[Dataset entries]

-- ===== src/Args/Laws.antt =====
-- What a command reads from a line of flags and values.
use penn_daq.Prelude.{
  ℕ, ◌≡◌, refl, ap, ◌∙◌, List, [], ◌∷◌, ◌++◌, Option, none, some, false, append-nil, get_or, ◌==◌,
  if◌then◌else◌, All,
}
use penn_daq.Args.{Conversions, split, tokens, find_value, is_flag, converted, get_int}

-- A word: not empty, and without spaces.
abbrev pub IsWord : List ℕ → Type 0
IsWord [] = ⊥
IsWord (c ∷ cs) = All (λ x. (x == b' ') ≡ false) (c ∷ cs)

-- The words of a line, each behind a space.
abbrev pub join : List (List ℕ) → List ℕ
join [] = []
join (w ∷ ws) = b' ' ∷ w ++ join ws

split-word :
    (w line : List ℕ)
    → All (λ x. (x == b' ') ≡ false) w
    → split (w ++ line) ≡ (w ++ (split line).0, (split line).1)
unfolding split
split-word [] line h = refl
split-word (c ∷ w) line h = rw (split, split-word w line h.1, h.0) refl

split-join : (ws : List (List ℕ)) → All IsWord ws → split (join ws) ≡ ([], ws)
unfolding split
split-join [] h = refl
split-join ([] ∷ ws) h = absurd h.0
split-join ((c ∷ w) ∷ ws) h =
    rw (split-word (c ∷ w) (join ws) h.0, split-join ws h.1, append-nil w) refl

-- `strtok` finds the words of a line again.
pub tokens-join :
    (name : List ℕ) (ws : List (List ℕ))
    → IsWord name
    → All IsWord ws
    → tokens (name ++ join ws) ≡ name ∷ ws
unfolding tokens
tokens-join [] ws n h = absurd n
tokens-join (c ∷ name) ws n h =
    rw (split-word (c ∷ name) (join ws) n, split-join ws h, append-nil name) refl

-- The words `-f value` of a list of flags and values.
abbrev pub words_of : List (ℕ × List ℕ) → List (List ℕ)
words_of [] = []
words_of (a ∷ args) = (b'-' ∷ a.0 ∷ []) ∷ a.1 ∷ words_of args

-- The value behind the first occurrence of a flag.
pub lookup : ℕ → List (ℕ × List ℕ) → Option (List ℕ)
lookup flag [] = none
lookup flag (a ∷ args) = let rest = lookup flag args in if a.0 == flag then some a.1 else rest

-- A word that does not start with `-`.
abbrev pub IsPlain : List ℕ → Type 0
IsPlain w = IsWord w × ((get_or w 0 0 == b'-') ≡ false)

abbrev pub IsArg : ℕ × List ℕ → Type 0
IsArg a = ((a.0 == b' ') ≡ false) × IsPlain a.1

words_of-IsWord : (args : List (ℕ × List ℕ)) → All IsArg args → All IsWord (words_of args)
words_of-IsWord [] h = tt
words_of-IsWord (a ∷ args) h = ((refl, (h.0.0, tt)), (h.0.1.0, words_of-IsWord args h.1))

find_value-words_of :
    (flag : ℕ) (args : List (ℕ × List ℕ))
    → All IsArg args
    → find_value (is_flag flag) (words_of args) ≡ lookup flag args
unfolding find_value is_flag lookup
find_value-words_of flag [] h = refl
find_value-words_of flag (a ∷ args) h = rw (h.0.1.1, find_value-words_of flag args h.1) refl

skip_plain :
    (flag : ℕ) (w : List ℕ) (ws : List (List ℕ))
    → (get_or w 0 0 == b'-') ≡ false
    → find_value (is_flag flag) (w ∷ ws) ≡ find_value (is_flag flag) ws
unfolding find_value is_flag
skip_plain flag w ws h = rw h refl

-- A line of a command's name and flags with values, none of which starts with `-`: `GetInt` converts
-- the value behind the first occurrence of its flag, and gives the default if there is none.
pub get_int-args :
    {F : Type 0} (lib : Conversions F) (name : List ℕ) (args : List (ℕ × List ℕ)) (flag dflt : ℕ)
    → IsPlain name
    → All IsArg args
    → get_int lib (name ++ join (words_of args)) flag dflt
      ≡ converted lib.atoi dflt (lookup flag args)
unfolding get_int
get_int-args lib name args flag dflt n h =
    ap (λ ws. converted lib.atoi dflt (find_value (is_flag flag) ws))
      (tokens-join name (words_of args) n.0 (words_of-IsWord args h))
    ∙ ap (converted lib.atoi dflt) (skip_name ∙ find_value-words_of flag args h)
  where
    skip_name :
        find_value (is_flag flag) (name ∷ words_of args) ≡ find_value (is_flag flag) (words_of args)
    skip_name = skip_plain flag name (words_of args) n.1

-- PROBLEM --
All the records above must be transcribed without a single change to any word.

-- FINAL ANSWER --
-- ===== src/Args/Laws.antt =====
-- What a command reads from a line of flags and values.
use penn_daq.Prelude.{
  ℕ, ◌≡◌, refl, ap, ◌∙◌, List, [], ◌∷◌, ◌++◌, Option, none, some, false, append-nil, get_or, ◌==◌,
  if◌then◌else◌, All,
}
use penn_daq.Args.{Conversions, split, tokens, find_value, is_flag, converted, get_int}

-- A word: not empty, and without spaces.
abbrev pub IsWord : List ℕ → Type 0
IsWord [] = ⊥
IsWord (c ∷ cs) = All (λ x. (x == b' ') ≡ false) (c ∷ cs)

-- The words of a line, each behind a space.
abbrev pub join : List (List ℕ) → List ℕ
join [] = []
join (w ∷ ws) = b' ' ∷ w ++ join ws

split-word :
    (w line : List ℕ)
    → All (λ x. (x == b' ') ≡ false) w
    → split (w ++ line) ≡ (w ++ (split line).0, (split line).1)
unfolding split
split-word [] line h = refl
split-word (c ∷ w) line h = rw (split, split-word w line h.1, h.0) refl

split-join : (ws : List (List ℕ)) → All IsWord ws → split (join ws) ≡ ([], ws)
unfolding split
split-join [] h = refl
split-join ([] ∷ ws) h = absurd h.0
split-join ((c ∷ w) ∷ ws) h =
    rw (split-word (c ∷ w) (join ws) h.0, split-join ws h.1, append-nil w) refl

-- `strtok` finds the words of a line again.
pub tokens-join :
    (name : List ℕ) (ws : List (List ℕ))
    → IsWord name
    → All IsWord ws
    → tokens (name ++ join ws) ≡ name ∷ ws
unfolding tokens
tokens-join [] ws n h = absurd n
tokens-join (c ∷ name) ws n h =
    rw (split-word (c ∷ name) (join ws) n, split-join ws h, append-nil name) refl

-- The words `-f value` of a list of flags and values.
abbrev pub words_of : List (ℕ × List ℕ) → List (List ℕ)
words_of [] = []
words_of (a ∷ args) = (b'-' ∷ a.0 ∷ []) ∷ a.1 ∷ words_of args

-- The value behind the first occurrence of a flag.
pub lookup : ℕ → List (ℕ × List ℕ) → Option (List ℕ)
lookup flag [] = none
lookup flag (a ∷ args) = let rest = lookup flag args in if a.0 == flag then some a.1 else rest

-- A word that does not start with `-`.
abbrev pub IsPlain : List ℕ → Type 0
IsPlain w = IsWord w × ((get_or w 0 0 == b'-') ≡ false)

abbrev pub IsArg : ℕ × List ℕ → Type 0
IsArg a = ((a.0 == b' ') ≡ false) × IsPlain a.1

words_of-IsWord : (args : List (ℕ × List ℕ)) → All IsArg args → All IsWord (words_of args)
words_of-IsWord [] h = tt
words_of-IsWord (a ∷ args) h = ((refl, (h.0.0, tt)), (h.0.1.0, words_of-IsWord args h.1))

find_value-words_of :
    (flag : ℕ) (args : List (ℕ × List ℕ))
    → All IsArg args
    → find_value (is_flag flag) (words_of args) ≡ lookup flag args
unfolding find_value is_flag lookup
find_value-words_of flag [] h = refl
find_value-words_of flag (a ∷ args) h = rw (h.0.1.1, find_value-words_of flag args h.1) refl

skip_plain :
    (flag : ℕ) (w : List ℕ) (ws : List (List ℕ))
    → (get_or w 0 0 == b'-') ≡ false
    → find_value (is_flag flag) (w ∷ ws) ≡ find_value (is_flag flag) ws
unfolding find_value is_flag
skip_plain flag w ws h = rw h refl

-- A line of a command's name and flags with values, none of which starts with `-`: `GetInt` converts
-- the value behind the first occurrence of its flag, and gives the default if there is none.
pub get_int-args :
    {F : Type 0} (lib : Conversions F) (name : List ℕ) (args : List (ℕ × List ℕ)) (flag dflt : ℕ)
    → IsPlain name
    → All IsArg args
    → get_int lib (name ++ join (words_of args)) flag dflt
      ≡ converted lib.atoi dflt (lookup flag args)
unfolding get_int
get_int-args lib name args flag dflt n h =
    ap (λ ws. converted lib.atoi dflt (find_value (is_flag flag) ws))
      (tokens-join name (words_of args) n.0 (words_of-IsWord args h))
    ∙ ap (converted lib.atoi dflt) (skip_name ∙ find_value-words_of flag args h)
  where
    skip_name :
        find_value (is_flag flag) (name ∷ words_of args) ≡ find_value (is_flag flag) (words_of args)
    skip_name = skip_plain flag name (words_of args) n.1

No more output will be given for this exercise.